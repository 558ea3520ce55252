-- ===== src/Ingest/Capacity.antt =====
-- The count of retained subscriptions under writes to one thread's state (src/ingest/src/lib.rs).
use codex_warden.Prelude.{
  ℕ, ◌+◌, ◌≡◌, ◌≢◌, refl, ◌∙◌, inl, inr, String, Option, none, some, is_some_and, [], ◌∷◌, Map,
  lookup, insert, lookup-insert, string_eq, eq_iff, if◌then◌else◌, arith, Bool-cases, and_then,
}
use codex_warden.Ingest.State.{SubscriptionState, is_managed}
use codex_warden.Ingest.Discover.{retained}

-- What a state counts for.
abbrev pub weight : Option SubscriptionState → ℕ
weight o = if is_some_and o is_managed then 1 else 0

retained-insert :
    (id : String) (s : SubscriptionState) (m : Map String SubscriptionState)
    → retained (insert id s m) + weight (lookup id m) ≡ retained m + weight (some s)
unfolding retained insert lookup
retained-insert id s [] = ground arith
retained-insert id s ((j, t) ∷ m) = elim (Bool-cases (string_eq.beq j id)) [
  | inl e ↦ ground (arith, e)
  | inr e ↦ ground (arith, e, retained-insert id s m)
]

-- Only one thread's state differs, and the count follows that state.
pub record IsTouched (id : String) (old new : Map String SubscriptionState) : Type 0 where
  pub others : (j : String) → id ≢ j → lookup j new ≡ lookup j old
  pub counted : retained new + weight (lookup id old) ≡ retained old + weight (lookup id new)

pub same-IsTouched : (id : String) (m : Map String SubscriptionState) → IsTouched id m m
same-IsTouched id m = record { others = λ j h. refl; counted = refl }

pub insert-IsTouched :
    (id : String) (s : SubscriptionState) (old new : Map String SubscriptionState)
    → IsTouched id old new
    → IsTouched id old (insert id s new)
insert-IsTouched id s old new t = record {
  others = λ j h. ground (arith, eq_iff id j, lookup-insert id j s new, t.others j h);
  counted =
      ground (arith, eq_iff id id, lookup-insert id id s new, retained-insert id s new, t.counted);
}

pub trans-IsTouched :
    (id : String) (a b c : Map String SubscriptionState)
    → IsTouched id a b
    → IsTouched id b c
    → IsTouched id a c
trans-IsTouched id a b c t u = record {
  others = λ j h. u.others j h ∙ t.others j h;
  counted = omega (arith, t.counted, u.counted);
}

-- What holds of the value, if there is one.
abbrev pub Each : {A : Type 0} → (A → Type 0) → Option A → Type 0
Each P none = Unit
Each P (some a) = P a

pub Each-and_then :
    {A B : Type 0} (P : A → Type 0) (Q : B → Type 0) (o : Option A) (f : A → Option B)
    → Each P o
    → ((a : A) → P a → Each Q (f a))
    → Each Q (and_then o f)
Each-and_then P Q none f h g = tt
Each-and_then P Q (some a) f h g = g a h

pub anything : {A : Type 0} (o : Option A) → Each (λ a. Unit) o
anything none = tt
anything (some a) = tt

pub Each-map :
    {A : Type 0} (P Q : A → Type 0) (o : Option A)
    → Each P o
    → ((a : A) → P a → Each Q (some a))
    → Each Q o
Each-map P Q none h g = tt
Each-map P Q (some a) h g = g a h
☆ ☆ ☆ ☆
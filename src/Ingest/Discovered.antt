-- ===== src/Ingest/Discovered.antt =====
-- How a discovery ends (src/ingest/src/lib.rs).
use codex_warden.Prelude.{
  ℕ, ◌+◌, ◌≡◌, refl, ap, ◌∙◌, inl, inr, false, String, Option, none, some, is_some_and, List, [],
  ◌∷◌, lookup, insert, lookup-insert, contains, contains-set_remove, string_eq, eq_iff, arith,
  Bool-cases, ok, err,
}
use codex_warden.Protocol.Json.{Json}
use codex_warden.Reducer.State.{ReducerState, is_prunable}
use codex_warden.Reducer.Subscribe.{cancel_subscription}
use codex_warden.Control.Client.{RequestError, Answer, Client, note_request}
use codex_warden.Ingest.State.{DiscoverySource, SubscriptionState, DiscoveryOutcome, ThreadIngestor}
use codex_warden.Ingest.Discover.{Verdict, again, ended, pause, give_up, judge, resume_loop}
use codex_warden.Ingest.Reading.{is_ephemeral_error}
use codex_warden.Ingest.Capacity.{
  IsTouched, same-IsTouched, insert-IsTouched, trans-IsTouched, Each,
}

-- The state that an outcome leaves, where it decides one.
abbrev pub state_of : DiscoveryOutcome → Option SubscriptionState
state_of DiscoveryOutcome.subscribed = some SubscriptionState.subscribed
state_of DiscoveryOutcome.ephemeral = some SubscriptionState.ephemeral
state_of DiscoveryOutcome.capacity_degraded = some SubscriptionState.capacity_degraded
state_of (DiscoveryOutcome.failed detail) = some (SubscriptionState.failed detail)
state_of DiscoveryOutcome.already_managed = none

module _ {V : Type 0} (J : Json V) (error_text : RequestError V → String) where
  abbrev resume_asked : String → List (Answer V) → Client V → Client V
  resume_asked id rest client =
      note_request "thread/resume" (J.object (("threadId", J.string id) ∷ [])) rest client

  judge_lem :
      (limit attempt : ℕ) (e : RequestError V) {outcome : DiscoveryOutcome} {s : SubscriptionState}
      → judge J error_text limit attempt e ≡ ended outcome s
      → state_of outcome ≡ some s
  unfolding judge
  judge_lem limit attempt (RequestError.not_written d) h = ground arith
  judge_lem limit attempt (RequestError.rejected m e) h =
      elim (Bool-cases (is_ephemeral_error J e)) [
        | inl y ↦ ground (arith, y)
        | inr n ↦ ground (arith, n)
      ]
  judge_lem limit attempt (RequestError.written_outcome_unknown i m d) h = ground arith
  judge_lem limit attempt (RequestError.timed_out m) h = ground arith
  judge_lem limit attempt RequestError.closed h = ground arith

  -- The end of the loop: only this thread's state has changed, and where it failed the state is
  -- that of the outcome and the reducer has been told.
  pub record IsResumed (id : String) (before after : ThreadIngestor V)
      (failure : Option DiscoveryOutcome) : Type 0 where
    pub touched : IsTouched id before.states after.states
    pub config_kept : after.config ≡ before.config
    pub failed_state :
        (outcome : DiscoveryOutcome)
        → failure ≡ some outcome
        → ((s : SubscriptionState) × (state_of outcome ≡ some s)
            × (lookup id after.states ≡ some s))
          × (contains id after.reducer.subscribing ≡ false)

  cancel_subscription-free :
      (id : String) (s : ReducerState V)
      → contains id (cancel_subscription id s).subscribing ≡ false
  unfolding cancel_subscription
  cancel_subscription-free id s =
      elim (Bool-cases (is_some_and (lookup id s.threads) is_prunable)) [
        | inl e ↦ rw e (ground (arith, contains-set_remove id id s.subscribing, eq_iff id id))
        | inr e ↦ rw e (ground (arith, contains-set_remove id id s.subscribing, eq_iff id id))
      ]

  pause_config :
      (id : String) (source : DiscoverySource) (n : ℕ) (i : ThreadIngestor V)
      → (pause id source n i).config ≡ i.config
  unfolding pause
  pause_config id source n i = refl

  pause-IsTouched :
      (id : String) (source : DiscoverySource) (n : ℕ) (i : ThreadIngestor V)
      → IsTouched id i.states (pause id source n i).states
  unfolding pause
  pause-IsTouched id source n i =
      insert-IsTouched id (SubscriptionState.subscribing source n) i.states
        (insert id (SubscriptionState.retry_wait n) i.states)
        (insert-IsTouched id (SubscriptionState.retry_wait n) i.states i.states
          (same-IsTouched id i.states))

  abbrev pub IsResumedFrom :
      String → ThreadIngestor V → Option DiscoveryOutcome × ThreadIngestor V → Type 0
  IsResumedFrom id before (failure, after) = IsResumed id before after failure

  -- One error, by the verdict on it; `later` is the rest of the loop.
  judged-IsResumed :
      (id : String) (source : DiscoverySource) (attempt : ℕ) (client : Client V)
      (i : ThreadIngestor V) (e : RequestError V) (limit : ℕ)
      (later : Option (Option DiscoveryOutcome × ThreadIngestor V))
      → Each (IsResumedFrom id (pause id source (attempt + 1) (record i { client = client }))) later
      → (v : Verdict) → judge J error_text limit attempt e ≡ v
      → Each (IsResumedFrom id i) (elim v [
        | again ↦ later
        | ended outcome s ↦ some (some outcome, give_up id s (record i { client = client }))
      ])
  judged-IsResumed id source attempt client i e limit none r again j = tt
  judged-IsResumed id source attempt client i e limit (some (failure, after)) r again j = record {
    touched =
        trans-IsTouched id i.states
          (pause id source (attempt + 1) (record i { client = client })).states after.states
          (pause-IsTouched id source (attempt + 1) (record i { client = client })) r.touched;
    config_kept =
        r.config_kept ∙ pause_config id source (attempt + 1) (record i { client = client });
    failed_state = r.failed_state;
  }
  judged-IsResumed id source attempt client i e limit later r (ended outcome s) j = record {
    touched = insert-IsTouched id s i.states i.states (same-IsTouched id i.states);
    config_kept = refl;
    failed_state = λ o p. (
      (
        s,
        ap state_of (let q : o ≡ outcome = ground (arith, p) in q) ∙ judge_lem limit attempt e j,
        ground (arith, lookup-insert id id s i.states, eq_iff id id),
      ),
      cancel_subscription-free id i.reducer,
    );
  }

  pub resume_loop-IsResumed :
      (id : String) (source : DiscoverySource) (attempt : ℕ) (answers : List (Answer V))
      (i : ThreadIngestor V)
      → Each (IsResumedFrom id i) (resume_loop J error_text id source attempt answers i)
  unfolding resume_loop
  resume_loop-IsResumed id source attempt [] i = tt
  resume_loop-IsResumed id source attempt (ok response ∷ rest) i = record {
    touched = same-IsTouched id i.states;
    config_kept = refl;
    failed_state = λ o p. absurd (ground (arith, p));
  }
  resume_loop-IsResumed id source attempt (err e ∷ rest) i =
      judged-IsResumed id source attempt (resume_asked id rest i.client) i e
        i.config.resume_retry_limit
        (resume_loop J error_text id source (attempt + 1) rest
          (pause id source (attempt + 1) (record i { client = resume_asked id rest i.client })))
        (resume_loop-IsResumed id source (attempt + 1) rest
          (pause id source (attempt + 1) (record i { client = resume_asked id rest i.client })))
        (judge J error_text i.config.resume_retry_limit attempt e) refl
☆ ☆ ☆ ☆
> **Action item**: Reproduce verbatim only the segment of the listing bounded by the line containing "Q (some a))" and the line containing "Each-map P Q (some a) h g = g a h", with both boundary lines included.

> **Result of this exercise**:
    → ((a : A) → P a → Each Q (some a))
    → Each Q o
Each-map P Q none h g = tt
Each-map P Q (some a) h g = g a h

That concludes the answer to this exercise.